We attempt to explain these intriguing properties from a contrastive learning angle. Since the denoising objective (Section 3.1) demonstrates that DDAEs are forced to predict the very same $x_{0}$ given different versions of $x_{t}$ (Eq. 1), there exists an underlying constraint of alignment on these various noised versions. In other words, the time levels and random noises serve jointly as data augmentations, and different $x_{t}$ s are positive views of $x_{0}$ . Consequently, a denser and wider noise configuration can increase the diversity of positive samples and improve the representation quality. The high accuracy in the model with $T=64$ suggests that more noise levels could be an overkill for recognition-only purpose, but they still contribute significantly to generation. Unfortunately, such diversity may require longer training duration — Figure 4(a) shows that models with half level counts or ranges can be well-trained at around 1000 epochs, while the full model requires 2000 epochs for this simple CIFAR-10. EDM [29] even relies on a 400 A100 GPU days training to reach state-of-the-art results on $64^{2}$ ImageNet. Due to the revealed duality of generation and recognition, we hope the best practices in discriminative representation learning (e.g. self-distillation methods such as BYOL and DINO [21, 9]) will inspire future improvements to training efficiency in diffusion models beyond sampling, so that the scaling of diffusion models can be explored more efficiently. Introducing feature-level constraints to DDAEs could be helpful to accelerate training and boost discriminative performance, and we leave it to future work.
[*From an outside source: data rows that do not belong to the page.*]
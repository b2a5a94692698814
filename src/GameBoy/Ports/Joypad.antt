-- ===== src/GameBoy/Ports/Joypad.antt =====
-- The lines of the joypad, and the interrupt that a button requests.
use proto_time.Base.{
  ℕ, ◌+◌, ◌-◌, ◌/◌, ◌<◌, Bool, true, false, not, ◌&&◌, ◌||◌, ◌==◌, if◌then◌else◌, if-keeps,
  if_of_false, ◌≡◌, refl, sym, ap, ◌∙◌, subst, arith,
}
use proto_time.Base.Bits.{low_bits, test_bit, bit_or_single, bit_and_le}
use proto_time.Base.Finite.{all_below, all_below-elim}
use Prim.Native.Nat.{bit_and}
use proto_time.GameBoy.Clock.{Clock, request}
use proto_time.GameBoy.Ports.{Ports, without, joypad_low_nibble, joypad_changed, set_joypad_state}

-- A line is low while a button of a selected group that pulls it is pressed.
unfoldable pub line_is_high : Bool → Bool → ℕ → ℕ → Bool
line_is_high directions_off buttons_off pressed line = not (
    (not directions_off && test_bit line pressed)
    || (not buttons_off && test_bit (line + 4) pressed))

abbrev nibble : Bool → Bool → ℕ → ℕ
nibble directions_off buttons_off pressed =
    let directions = if directions_off then 15 else without pressed 15 in
    if buttons_off then directions else without (pressed / 16) directions

unfoldable agrees : Bool → Bool → Bool
agrees true b = b
agrees false b = not b

agrees_lem : (a b : Bool) → agrees a b ≡ true → a ≡ b
unfolding agrees
agrees_lem true b h = sym h
agrees_lem false true h = ground arith
agrees_lem false false h = refl

unfoldable lines_agree : Bool → Bool → ℕ → Bool
lines_agree d b pressed =
    all_below 4 (λ i. agrees (test_bit i (nibble d b pressed)) (line_is_high d b pressed i))

lines_checked : (d b : Bool) → all_below 256 (lines_agree d b) ≡ true
unfolding all_below lines_agree agrees line_is_high
lines_checked true true = refl
lines_checked true false = refl
lines_checked false true = refl
lines_checked false false = refl

nibble_line :
    (d b : Bool) (pressed line : ℕ)
    → pressed < 256
    → line < 4
    → test_bit line (nibble d b pressed) ≡ line_is_high d b pressed line
unfolding lines_agree
nibble_line d b pressed line h k = agrees_lem _ _ (
    all_below-elim 4 (λ i. agrees (test_bit i (nibble d b pressed)) (line_is_high d b pressed i))
      (all_below-elim 256 (lines_agree d b) (lines_checked d b) pressed h) line k)

-- A line that falls is seen in the difference of the nibbles.
unfoldable fall_is_seen : ℕ → ℕ → ℕ → Bool
fall_is_seen old new line =
    not (test_bit line old) || test_bit line new || not (without new old == 0)

falls_checked : all_below 16 (λ o. all_below 16 (λ n. all_below 4 (fall_is_seen o n))) ≡ true
unfolding all_below fall_is_seen
falls_checked = refl

fall_seen :
    (old new line : ℕ)
    → old < 16
    → new < 16
    → line < 4
    → test_bit line old ≡ true
    → test_bit line new ≡ false
    → (without new old == 0) ≡ false
unfolding fall_is_seen
fall_seen old new line h k l e f =
    let seen =
      all_below-elim 4 (fall_is_seen old new)
        (all_below-elim 16 (λ n. all_below 4 (fall_is_seen old n))
          (all_below-elim 16 (λ o. all_below 16 (λ n. all_below 4 (fall_is_seen o n))) falls_checked
            old h)
          new k)
        line l in
    only_last _ _ _ e f seen
  where
    only_last : (a b c : Bool) → a ≡ true → b ≡ false → (not a || b || not c) ≡ true → c ≡ false
    only_last a b c p q r = ground arith

module _ {S : Type 0} where
  nibble_bound : (p : Ports S) → joypad_low_nibble p < 16
  unfolding joypad_low_nibble
  nibble_bound p =
      let bound : (x low : ℕ) → without x low < 16 =
        λ x low. omega (arith, bit_and_le 4 low (15 - low_bits 4 x) (omega arith)) in
      if-keeps (λ (n : ℕ). n < 16) (test_bit 5 p.joyp_select)
        (if-keeps (λ (n : ℕ). n < 16) (test_bit 4 p.joyp_select) (omega arith) (bound _ _))
        (bound _ _)

  -- Whether a line of the joypad is high.
  unfoldable pub high : ℕ → Ports S → Bool
  high line p =
      line_is_high (test_bit 4 p.joyp_select) (test_bit 5 p.joyp_select) p.joypad_pressed line

  low_nibble-high :
      (p : Ports S) (line : ℕ)
      → p.joypad_pressed < 256
      → line < 4
      → test_bit line (joypad_low_nibble p) ≡ high line p
  unfolding joypad_low_nibble high
  low_nibble-high p line h k = nibble_line _ _ p.joypad_pressed line h k

  request_sets : (c : Clock S) → test_bit 4 (request 4 c).interrupt_flags ≡ true
  unfolding request
  request_sets c = ground (arith, bit_or_single 4 c.interrupt_flags)

  -- What follows from a nibble that has lost a line.
  changed_requests :
      (old line : ℕ) (q : Ports S)
      → old < 16
      → line < 4
      → test_bit line old ≡ true
      → test_bit line (joypad_low_nibble q) ≡ false
      → test_bit 4 (joypad_changed old q).clock.interrupt_flags ≡ true
  unfolding joypad_changed
  changed_requests old line q b l e f =
      subst (λ (r : Ports S). test_bit 4 r.clock.interrupt_flags ≡ true)
        (sym (
          if_of_false {b = without (joypad_low_nibble q) old == 0} _
            (fall_seen old (joypad_low_nibble q) line b (nibble_bound q) l e f)))
        (request_sets q.clock)

  changed_high :
      (old line : ℕ) (q : Ports S)
      → (high line (joypad_changed old q) ≡ high line q)
        × (joypad_low_nibble (joypad_changed old q) ≡ joypad_low_nibble q)
  unfolding joypad_changed high joypad_low_nibble
  changed_high old line q =
      if-keeps
        (λ (r : Ports S). (high line r ≡ high line q) × (joypad_low_nibble r ≡ joypad_low_nibble q))
        (without (joypad_low_nibble q) old == 0) (refl, refl) (refl, refl)

  -- Where both masks of pressed buttons are bytes: when they change so that a line of a selected group
  -- falls, the low nibble shows the line as low, and the joypad's interrupt is requested.
  pub button_requests :
      (pressed line : ℕ) (p : Ports S)
      → p.joypad_pressed < 256
      → pressed < 256
      → line < 4
      → high line p ≡ true
      → high line (set_joypad_state pressed p) ≡ false
      → (test_bit line (joypad_low_nibble (set_joypad_state pressed p)) ≡ false)
        × (test_bit 4 (set_joypad_state pressed p).clock.interrupt_flags ≡ true)
  unfolding set_joypad_state
  button_requests pressed line p h k l e f =
      let newly = bit_and pressed (255 - low_bits 8 p.joypad_pressed) in
      let q : Ports S = record p {
        joypad_pressed = pressed;
        stop_flag = if newly == 0 then p.stop_flag else false;
      } in
      let old = joypad_low_nibble p in
      let same = changed_high old line q in
      let low : test_bit line (joypad_low_nibble q) ≡ false =
        low_nibble-high q line k l ∙ sym same.0 ∙ f in
      (
        ap (test_bit line) same.1 ∙ low,
        changed_requests old line q (nibble_bound p) l (low_nibble-high p line h l ∙ e) low,
      )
Training step. By tracking checkpoints throughout the training duration, it can be observed that better generative model learns better representations. Moreover, we observe that while linear probe accuracy tends to overfit after 1000 epochs in DDPM training, the generation performance continues to improve, indicating that it has not saturated. Similar observations can be found in other curves (Figure 4(a)), that recognition tends to overfit earlier than generation.

Since diffusion training is a pixel-to-pixel task, it is reasonable to assume that DDAEs firstly learn high-level understandings from the noised input $x_{t}$ at the deeper layers, and gradually learn to predict the exact pixels through decoding. Consequently, models may focus on fitting some imperceptible details after learning saturated semantic representations. These properties somewhat provide support for the theory of relationship between image generation and understanding, as claimed intuitively in Section 1.

In summary, by evaluating various checkpoints with different denoising pre-training setups, the positive correlation between the generative and discriminative capabilities of DDAEs is confirmed, aligning with the findings in iGPT.

4.1.2 Generative pre-training

To dive deeper into improved generative pre-training for recognition, we compare the basic 35.7M DDPM UNet with DDPM++ trained by EDM. With a larger network capacity, framework improvements, and data augmentation (CIFAR-10), we consider EDM as a better generative model, and examine whether it performs better in recognition similarly. Figure 5 shows the accuracies with respect to FIDs on two datasets. Note that the networks and hyper-parameters for Tiny-ImageNet are far from optimal, since the best practice is too expensive, that it may cost 32 A100 GPU days to train a ADM network [13] on Tiny-ImageNet, according to EDM. Therefore, our goal is to provide confirmation of the observations, rather than optimizing performances.

Recognition accuracy. Figure 5 demonstrates that EDM outperforms DDPM on both generative and discriminative metrics. On CIFAR-10, the linear probe accuracy increases dramatically from 88.5% to 95.9%. After fine-tuning, EDM achieves 97.2% accuracy, surpassing WideResNet-28-10 [63]. This superior classification performance confirms diffusion as a meaningful self-supervised pre-training approach. On Tiny-ImageNet, observations are similar. While the FID has limited improvements between DDPM and EDM, the recognition rates increase more significantly by 3.2% (linear probe) and 5.3% (fine-tuning). The fine-tuned EDM also slightly surpasses supervised WideResNet. The results suggest that improving diffusion models for better generation performance will naturally lead to better recognition models due to the effective generative pre-training.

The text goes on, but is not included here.